Problem requirements:
Print word for word the first line of the records below and every following line through the one containing "l lt, rest)"; print nothing else.

Saved data entries:
###
-- ===== src/Results/Shares.antt =====
-- The shares of the words that the `JobGenRes` of a batch take.
use sigmod_programming_conte.Base.{
  ltb, ℕ, zero, suc, ◌+◌, ◌-◌, ◌≤◌, ◌<◌, ◌≡◌, refl, ◌∙◌, true, false, Option, some, List, [], ◌∷◌,
  ◌++◌, append-nil, append_assoc, length, get_elem?, ◌==◌, arith, All, count, Bool-cases, inl, inr,
}
use sigmod_programming_conte.Base.Bits.{passes}
use sigmod_programming_conte.Jobs.Defs.{Job, job_gen_res}
use sigmod_programming_conte.Jobs.Split.{split, split_from}
use sigmod_programming_conte.Jobs.Tiles.{Tiles}
use sigmod_programming_conte.Jobs.Scheduler.{JobScheduler}
use sigmod_programming_conte.Jobs.Fetch.{IsCounted}
use sigmod_programming_conte.Results.Schedule.{up_from, down_to}
use sigmod_programming_conte.Results.Order.{ranges, ranges-append, gen_res, ranges-split}

-- A `JobGenRes` for one of the 28 lists of words.
pub data IsGenRes : Job → Type 0 where
  is_gen_res :
      (start finish length_ : ℕ) → length_ < 28 → IsGenRes (job_gen_res start finish length_)

-- The jobs for the words at place `x` take all of them, in ranges that follow one another.
abbrev pub Covers : List (List ℕ) → ℕ → List Job → Type 0
Covers wordbatchv x jobs =
    (keys : List ℕ) × (most : ℕ) × (get_elem? wordbatchv x ≡ some keys)
    × Tiles most 0 (length keys) (ranges x jobs)

-- The call returned, and added these jobs to the queue.
pub record Adds (js : JobScheduler) (r : Option JobScheduler) (jobs : List Job) : Type 0 where
  pub after : JobScheduler
  pub ran : r ≡ some after
  pub queue : after.jobs_queue ≡ js.jobs_queue ++ jobs
  pub counted : IsCounted after

-- Each of the 28 lengths is scheduled once.
pub lengths_table :
    passes (λ x. count (x + 4) (down_to 4 5) + count (x + 4) (up_from 9 23) == 1) 28 ≡ true
unfolding passes
lengths_table = refl

pub split_from-IsGenRes :
    (l wpj size fuel k : ℕ) → l < 28 → All IsGenRes (split_from (gen_res l) wpj size fuel k)
unfolding split_from
split_from-IsGenRes l wpj size zero k lt = elim (Bool-cases (k == size)) [
  | inl e ↦ rw e tt
  | inr e ↦ rw e (is_gen_res k size l lt, tt)
]
split_from-IsGenRes l wpj size (suc fuel) k lt =
    let rest = split_from-IsGenRes l wpj size fuel (k + wpj) lt in
    elim (Bool-cases (ltb (k + wpj) size)) [
      | inl e ↦ rw e (is_gen_res k (k + wpj) l lt, rest)
      | inr e ↦ elim (Bool-cases (k == size)) [
        | inl done ↦ rw (e, done) tt
        | inr more ↦ rw (e, more) (is_gen_res k size l lt, tt)
      ]
    ]

pub split-IsGenRes : (l wpj size : ℕ) → l < 28 → All IsGenRes (split (gen_res l) wpj size)
unfolding split
split-IsGenRes l wpj size lt = split_from-IsGenRes l wpj size size 0 lt

pub append-IsGenRes :
    (jobs more : List Job) → All IsGenRes jobs → All IsGenRes more → All IsGenRes (jobs ++ more)
append-IsGenRes [] more h k = k
append-IsGenRes (job ∷ jobs) more h k = (h.0, append-IsGenRes jobs more h.1 k)

pub All-up_from :
    (P : ℕ → Type 0) (first n : ℕ)
    → ((x : ℕ) → first ≤ x → x < first + n → P x)
    → All P (up_from first n)
All-up_from P first zero h = tt
All-up_from P first (suc n) h = (
  h first (omega arith) (omega arith),
  All-up_from P (first + 1) n (λ x low lt. h x (omega arith) (omega arith)),
)

module _ (x l wpj size : ℕ) (more : List Job) (low : 4 ≤ l) where
  pub other_length :
      (x + 4 == l) ≡ false → ranges x (split (gen_res (l - 4)) wpj size ++ more) ≡ ranges x more
  other_length e =
      let ne : (x == l - 4) ≡ false = ground arith in
      ranges-append x (split (gen_res (l - 4)) wpj size) more
      ∙ rw (ranges-split x (l - 4) wpj size, ne) refl

  pub same_length :
      (x + 4 == l) ≡ true
      → ranges x more ≡ []
      → ranges x (split (gen_res (l - 4)) wpj size ++ more) ≡ split (λ a b. (a, b)) wpj size
  same_length e none_more =
      let same : (x == l - 4) ≡ true = ground arith in
      ranges-append x (split (gen_res (l - 4)) wpj size) more
      ∙ rw (ranges-split x (l - 4) wpj size, same, none_more)
          (append-nil (split (λ a b. (a, b)) wpj size))

-- Six additions to a queue.
pub one_after_other {ℓ} :
    {A : Type ℓ} (q : List A) {q0 q1 q2 q3 q4 q5 : List A} (a b c d e f : List A)
    → q0 ≡ q ++ a
    → q1 ≡ q0 ++ b
    → q2 ≡ q1 ++ c
    → q3 ≡ q2 ++ d
    → q4 ≡ q3 ++ e
    → q5 ≡ q4 ++ f
    → q5 ≡ q ++ (a ++ (b ++ ((c ++ d) ++ (e ++ f))))
one_after_other q a b c d e f p0 p1 p2 p3 p4 p5 = rw (p5, p4, p3, p2, p1, p0) (simp append_assoc)

-- A length that is scheduled in one of two loops.
pub either-Covers :
    (wordbatchv : List (List ℕ)) (x n k : ℕ) (low high : List Job)
    → n + k ≡ 1
    → (n ≡ 0 → ranges x low ≡ [])
    → (n ≡ 1 → Covers wordbatchv x low)
    → (k ≡ 0 → ranges x high ≡ [])
    → (k ≡ 1 → Covers wordbatchv x high)
    → Covers wordbatchv x (low ++ high)
either-Covers wordbatchv x zero k low high e low_none low_covers high_none high_covers =
    let (keys, most, there, tiles) = high_covers (omega arith) in
    (keys, most, there, rw (ranges-append x low high, low_none refl) tiles)
either-Covers wordbatchv x (suc n) k low high e low_none low_covers high_none high_covers =
    let (keys, most, there, tiles) = low_covers (omega arith) in
    (
      keys,
      most,
      there,
      rw (ranges-append x low high, high_none (omega arith), append-nil (ranges x low)) tiles,
    )
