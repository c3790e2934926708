-- ===== src/Results/Any.antt =====
-- Whether one of a list counts, for the words of a batch and the ranges that the jobs take of them.
use sigmod_programming_conte.Base.{
  Bool-cases, ℕ, zero, suc, ◌+◌, ◌-◌, ◌≤◌, ◌<◌, ◌≡◌, refl, sym, ap, ap₂, ◌∙◌, Bool, true, false,
  ◌&&◌, ◌||◌, Option, none, some, List, [], ◌∷◌, length, get_elem?, take, drop, ◌==◌, arith,
  Bool-cases, inl, inr, ==→eq,
}
use sigmod_programming_conte.Jobs.Tiles.{Tiles}
use sigmod_programming_conte.Results.Schedule.{up_from}

abbrev pub any {ℓ} : {A : Type ℓ} → (A → Bool) → List A → Bool
any p [] = false
any p (x ∷ xs) = p x || any p xs

abbrev pub or_none {ℓ} : {A : Type ℓ} → Option (List A) → List A
or_none none = []
or_none (some xs) = xs

-- The words of a range.
abbrev pub slice : List ℕ → ℕ → ℕ → List ℕ
slice keys start finish = take (finish - start) (drop start keys)

or_assoc : (a b c : Bool) → (a || (b || c)) ≡ ((a || b) || c)
or_assoc a b c = ground arith

any-take :
    (p : ℕ → Bool) (keys : List ℕ) (n : ℕ)
    → any p keys ≡ (any p (take n keys) || any p (drop n keys))
any-take p keys zero = refl
any-take p [] (suc n) = refl
any-take p (x ∷ keys) (suc n) =
    ap (λ b. p x || b) (any-take p keys n)
    ∙ or_assoc (p x) (any p (take n keys)) (any p (drop n keys))

drop-nil : (n : ℕ) → drop {A = ℕ} n [] ≡ []
drop-nil zero = refl
drop-nil (suc n) = refl

drop-drop : (keys : List ℕ) (k n : ℕ) → drop n (drop k keys) ≡ drop (k + n) keys
drop-drop keys zero n = ap (λ i. drop i keys) (omega arith)
drop-drop [] (suc k) n = drop-nil n ∙ sym (drop-nil (suc k + n))
drop-drop (x ∷ keys) (suc k) n =
    let e : suc k + n ≡ suc (k + n) = omega arith in rw e (drop-drop keys k n)

drop-all : (keys : List ℕ) → drop (length keys) keys ≡ []
drop-all [] = refl
drop-all (x ∷ keys) = drop-all keys

-- Ranges that follow one another take all words.
pub any-Tiles :
    (p : ℕ → Bool) (keys : List ℕ) (most k : ℕ) (rs : List (ℕ × ℕ))
    → Tiles most k (length keys) rs
    → any p (drop k keys) ≡ any (λ (r : ℕ × ℕ). any p (slice keys (r.0) (r.1))) rs
any-Tiles p keys most k [] e = ap (λ i. any p (drop i keys)) e ∙ ap (any p) (drop-all keys)
any-Tiles p keys most k ((a, b) ∷ rs) (from, lt, le, rest) =
    let e : k + (b - k) ≡ b = omega (arith, from, lt) in
    any-take p (drop k keys) (b - k)
    ∙ ap₂ (λ s t. any p s || any p t) (ap (λ i. slice keys i b) (sym from))
        (drop-drop keys k (b - k) ∙ ap (λ i. drop i keys) e)
    ∙ ap (λ t. any p (slice keys a b) || t) (any-Tiles p keys most b rs rest)

pub any-up_from :
    (p q : ℕ → Bool) (first n : ℕ)
    → ((x : ℕ) → first ≤ x → x < first + n → p x ≡ q x)
    → any p (up_from first n) ≡ any q (up_from first n)
any-up_from p q first zero h = refl
any-up_from p q first (suc n) h =
    ap₂ (λ a b. a || b) (h first (omega arith) (omega arith))
      (any-up_from p q (first + 1) n (λ x low lt. h x (omega arith) (omega arith)))

pub any-or : (p q : ℕ → Bool) (xs : List ℕ) → any (λ x. p x || q x) xs ≡ (any p xs || any q xs)
any-or p q [] = refl
any-or p q (x ∷ xs) = shuffle (p x) (q x) (any p xs) (any q xs) (any-or p q xs)
  where
    shuffle : (a b c d : Bool) {r : Bool} → r ≡ (c || d) → ((a || b) || r) ≡ ((a || c) || (b || d))
    shuffle a b c d e = rw e (ground arith)

any_before :
    (g : ℕ → Bool) (l first n : ℕ) → l < first → any (λ x. x == l && g x) (up_from first n) ≡ false
any_before g l first zero lt = refl
any_before g l first (suc n) lt =
    let ne : (first == l) ≡ false = ground arith in
    rw ne (any_before g l (first + 1) n (omega arith))

-- One of the values is `l`.
pub any_at :
    (g : ℕ → Bool) (l first n : ℕ)
    → first ≤ l
    → l < first + n
    → any (λ x. x == l && g x) (up_from first n) ≡ g l
any_at g l first zero low lt = absurd (omega arith)
any_at g l first (suc n) low lt = elim (Bool-cases (first == l)) [
  | inl e ↦
      let same = ==→eq first l e in
      rw e (
        ap₂ (λ a b. a || b) (ap g same) (any_before g l (first + 1) n (omega arith))
        ∙ or_false (g l))
  | inr e ↦ rw e (any_at g l (first + 1) n (ground arith) (omega arith))
]
  where
    or_false : (b : Bool) → (b || false) ≡ b
    or_false true = refl
    or_false false = refl

-- The lists at all places.
pub any_places :
    {A : Type 0} (q : List A → Bool) (ws : List (List A)) (first : ℕ)
    → any (λ x. q (or_none (get_elem? ws (x - first)))) (up_from first (length ws)) ≡ any q ws
any_places q [] first = refl
any_places q (w ∷ ws) first =
    let here : first - first ≡ 0 = omega arith in
    ap₂ (λ a b. a || b) (ap (λ i. q (or_none (get_elem? (w ∷ ws) i))) here)
      (any-up_from (λ x. q (or_none (get_elem? (w ∷ ws) (x - first))))
          (λ x. q (or_none (get_elem? ws (x - (first + 1))))) (first + 1) (length ws)
          (λ x low lt. ap (λ i. q (or_none (get_elem? (w ∷ ws) i))) (after x low))
        ∙ any_places q ws (first + 1))
  where
    after : (x : ℕ) → first + 1 ≤ x → x - first ≡ suc (x - (first + 1))
    after x low = omega arith
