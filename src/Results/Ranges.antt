-- ===== src/Results/Ranges.antt =====
-- The `JobGenRes` of a batch by the lists of words that they take ranges of.
use sigmod_programming_conte.Base.{
  some_inj, ==→eq, subst, ℕ, zero, suc, ◌+◌, ◌≤◌, ◌<◌, ◌≡◌, refl, sym, ap₂, ◌∙◌, Bool, true, false,
  ◌&&◌, ◌||◌, some, List, [], ◌∷◌, get_elem?, take, drop, ◌==◌, if◌then◌else◌, arith, All,
  Bool-cases, inl, inr,
}
use sigmod_programming_conte.Jobs.Defs.{Job, job_gen_res}
use sigmod_programming_conte.Jobs.Tiles.{Tiles}
use sigmod_programming_conte.Results.Schedule.{up_from}
use sigmod_programming_conte.Results.Order.{ranges}
use sigmod_programming_conte.Results.Shares.{IsGenRes, is_gen_res}
use sigmod_programming_conte.Results.Any.{any, any-up_from, any-or, any_at}

-- Whether the range of a job counts.
abbrev pub job_counts : (ℕ → ℕ → ℕ → Bool) → Job → Bool
job_counts f (job_gen_res start finish length_) = f length_ start finish
job_counts f _ = false

any_none : (xs : List ℕ) → any (λ x. false) xs ≡ false
any_none [] = refl
any_none (x ∷ xs) = any_none xs

-- The jobs, sorted by the lists of words.
pub any_jobs :
    (f : ℕ → ℕ → ℕ → Bool) (jobs : List Job)
    → All IsGenRes jobs
    → any (job_counts f) jobs
      ≡ any (λ x. any (λ (r : ℕ × ℕ). f x (r.0) (r.1)) (ranges x jobs)) (up_from 0 28)
any_jobs f [] h = sym (any_none (up_from 0 28))
any_jobs f (job ∷ jobs) h = of_job h.0 (any_jobs f jobs h.1)
  where
    split_if :
        (x l s e : ℕ) (rs : List (ℕ × ℕ))
        → any (λ (r : ℕ × ℕ). f x (r.0) (r.1)) (if x == l then (s, e) ∷ rs else rs)
          ≡ ((x == l && f x s e) || any (λ (r : ℕ × ℕ). f x (r.0) (r.1)) rs)
    split_if x l s e rs = elim (Bool-cases (x == l)) [ inl t ↦ rw t refl | inr t ↦ rw t refl ]

    of_job :
        {job : Job}
        → IsGenRes job
        → any (job_counts f) jobs
          ≡ any (λ x. any (λ (r : ℕ × ℕ). f x (r.0) (r.1)) (ranges x jobs)) (up_from 0 28)
        → any (job_counts f) (job ∷ jobs)
          ≡ any (λ x. any (λ (r : ℕ × ℕ). f x (r.0) (r.1)) (ranges x (job ∷ jobs))) (up_from 0 28)
    of_job (is_gen_res s e l lt) rest =
        let tail : ℕ → Bool = λ x. any (λ (r : ℕ × ℕ). f x (r.0) (r.1)) (ranges x jobs) in
        sym (
          any-up_from
            (λ x. any (λ (r : ℕ × ℕ). f x (r.0) (r.1)) (ranges x (job_gen_res s e l ∷ jobs)))
            (λ x. (x == l && f x s e) || tail x) 0 28
            (λ x low high. split_if x l s e (ranges x jobs))
          ∙ any-or (λ x. x == l && f x s e) tail (up_from 0 28)
          ∙ ap₂ (λ a b. a || b) (any_at (λ x. f x s e) l 0 28 (omega arith) (omega arith))
              (sym rest))

pub All-take : (P : ℕ → Type 0) (xs : List ℕ) (n : ℕ) → All P xs → All P (take n xs)
All-take P xs zero h = tt
All-take P [] (suc n) h = tt
All-take P (x ∷ xs) (suc n) h = (h.0, All-take P xs n h.1)

pub All-drop : (P : ℕ → Type 0) (xs : List ℕ) (n : ℕ) → All P xs → All P (drop n xs)
All-drop P xs zero h = h
All-drop P [] (suc n) h = tt
All-drop P (x ∷ xs) (suc n) h = All-drop P xs n h.1

-- What holds of all elements, by place.
pub All-get_elem? :
    {A : Type 0} (P : A → Type 0) (xs : List A) (i : ℕ) {x : A}
    → All P xs
    → get_elem? xs i ≡ some x
    → P x
All-get_elem? P [] i h e = absurd (cc e)
All-get_elem? P (y ∷ xs) zero h e = subst P (some_inj e) h.0
All-get_elem? P (y ∷ xs) (suc i) h e = All-get_elem? P xs i h.1 e

pub All-at :
    (P : ℕ → Type 0) (first n x : ℕ) → All P (up_from first n) → first ≤ x → x < first + n → P x
All-at P first zero x h low lt = absurd (omega arith)
All-at P first (suc n) x h low lt = elim (Bool-cases (first == x)) [
  | inl e ↦ subst P (==→eq first x e) h.0
  | inr e ↦ All-at P (first + 1) n x h.1 (ground arith) (omega arith)
]

-- The ranges lie inside.
pub inside :
    (most k size : ℕ) (rs : List (ℕ × ℕ))
    → Tiles most k size rs
    → (k ≤ size) × All (λ (r : ℕ × ℕ). (r.0 ≤ r.1) × (r.1 ≤ size)) rs
inside most k size [] e = (omega (arith, e), tt)
inside most k size ((a, b) ∷ rs) (from, lt, le, rest) =
    let (more, all) = inside most b size rs rest in
    (omega (arith, from, lt, more), ((omega (arith, lt), more), all))

abbrev pub JobHas : (ℕ → ℕ × ℕ → Type 0) → Job → Type 0
JobHas P (job_gen_res start finish length_) = P length_ (start, finish)
JobHas P _ = Unit {0}

-- What holds of all ranges holds of all jobs.
pub of_ranges :
    (P : ℕ → ℕ × ℕ → Type 0) (jobs : List Job)
    → All IsGenRes jobs
    → ((x : ℕ) → x < 28 → All (P x) (ranges x jobs))
    → All (JobHas P) jobs
of_ranges P [] h all = tt
of_ranges P (job ∷ jobs) h all = of_job h.0 all (of_ranges P jobs h.1)
  where
    later :
        (x l s e : ℕ)
        → All (P x) (if x == l then (s, e) ∷ ranges x jobs else ranges x jobs)
        → All (P x) (ranges x jobs)
    later x l s e h = elim (Bool-cases (x == l)) [
      | inl t ↦ let h' : All (P x) ((s, e) ∷ ranges x jobs) = rw t at h in h'.1
      | inr t ↦ rw t at h
    ]

    of_job :
        {job : Job}
        → IsGenRes job
        → ((x : ℕ) → x < 28 → All (P x) (ranges x (job ∷ jobs)))
        → (((x : ℕ) → x < 28 → All (P x) (ranges x jobs)) → All (JobHas P) jobs)
        → JobHas P job × All (JobHas P) jobs
    of_job (is_gen_res s e l lt) all rest =
        let same : (l == l) ≡ true = ground arith in
        let here : All (P l) ((s, e) ∷ ranges l jobs) = rw same at (all l lt) in
        (here.0, rest (λ x xlt. later x l s e (all x xlt)))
###
Task solution:
-- ===== src/Results/Shares.antt =====
-- The shares of the words that the `JobGenRes` of a batch take.
use sigmod_programming_conte.Base.{
  ltb, ℕ, zero, suc, ◌+◌, ◌-◌, ◌≤◌, ◌<◌, ◌≡◌, refl, ◌∙◌, true, false, Option, some, List, [], ◌∷◌,
  ◌++◌, append-nil, append_assoc, length, get_elem?, ◌==◌, arith, All, count, Bool-cases, inl, inr,
}
use sigmod_programming_conte.Base.Bits.{passes}
use sigmod_programming_conte.Jobs.Defs.{Job, job_gen_res}
use sigmod_programming_conte.Jobs.Split.{split, split_from}
use sigmod_programming_conte.Jobs.Tiles.{Tiles}
use sigmod_programming_conte.Jobs.Scheduler.{JobScheduler}
use sigmod_programming_conte.Jobs.Fetch.{IsCounted}
use sigmod_programming_conte.Results.Schedule.{up_from, down_to}
use sigmod_programming_conte.Results.Order.{ranges, ranges-append, gen_res, ranges-split}

-- A `JobGenRes` for one of the 28 lists of words.
pub data IsGenRes : Job → Type 0 where
  is_gen_res :
      (start finish length_ : ℕ) → length_ < 28 → IsGenRes (job_gen_res start finish length_)

-- The jobs for the words at place `x` take all of them, in ranges that follow one another.
abbrev pub Covers : List (List ℕ) → ℕ → List Job → Type 0
Covers wordbatchv x jobs =
    (keys : List ℕ) × (most : ℕ) × (get_elem? wordbatchv x ≡ some keys)
    × Tiles most 0 (length keys) (ranges x jobs)

-- The call returned, and added these jobs to the queue.
pub record Adds (js : JobScheduler) (r : Option JobScheduler) (jobs : List Job) : Type 0 where
  pub after : JobScheduler
  pub ran : r ≡ some after
  pub queue : after.jobs_queue ≡ js.jobs_queue ++ jobs
  pub counted : IsCounted after

-- Each of the 28 lengths is scheduled once.
pub lengths_table :
    passes (λ x. count (x + 4) (down_to 4 5) + count (x + 4) (up_from 9 23) == 1) 28 ≡ true
unfolding passes
lengths_table = refl

pub split_from-IsGenRes :
    (l wpj size fuel k : ℕ) → l < 28 → All IsGenRes (split_from (gen_res l) wpj size fuel k)
unfolding split_from
split_from-IsGenRes l wpj size zero k lt = elim (Bool-cases (k == size)) [
  | inl e ↦ rw e tt
  | inr e ↦ rw e (is_gen_res k size l lt, tt)
]
split_from-IsGenRes l wpj size (suc fuel) k lt =
    let rest = split_from-IsGenRes l wpj size fuel (k + wpj) lt in
    elim (Bool-cases (ltb (k + wpj) size)) [
      | inl e ↦ rw e (is_gen_res k (k + wpj) l lt, rest)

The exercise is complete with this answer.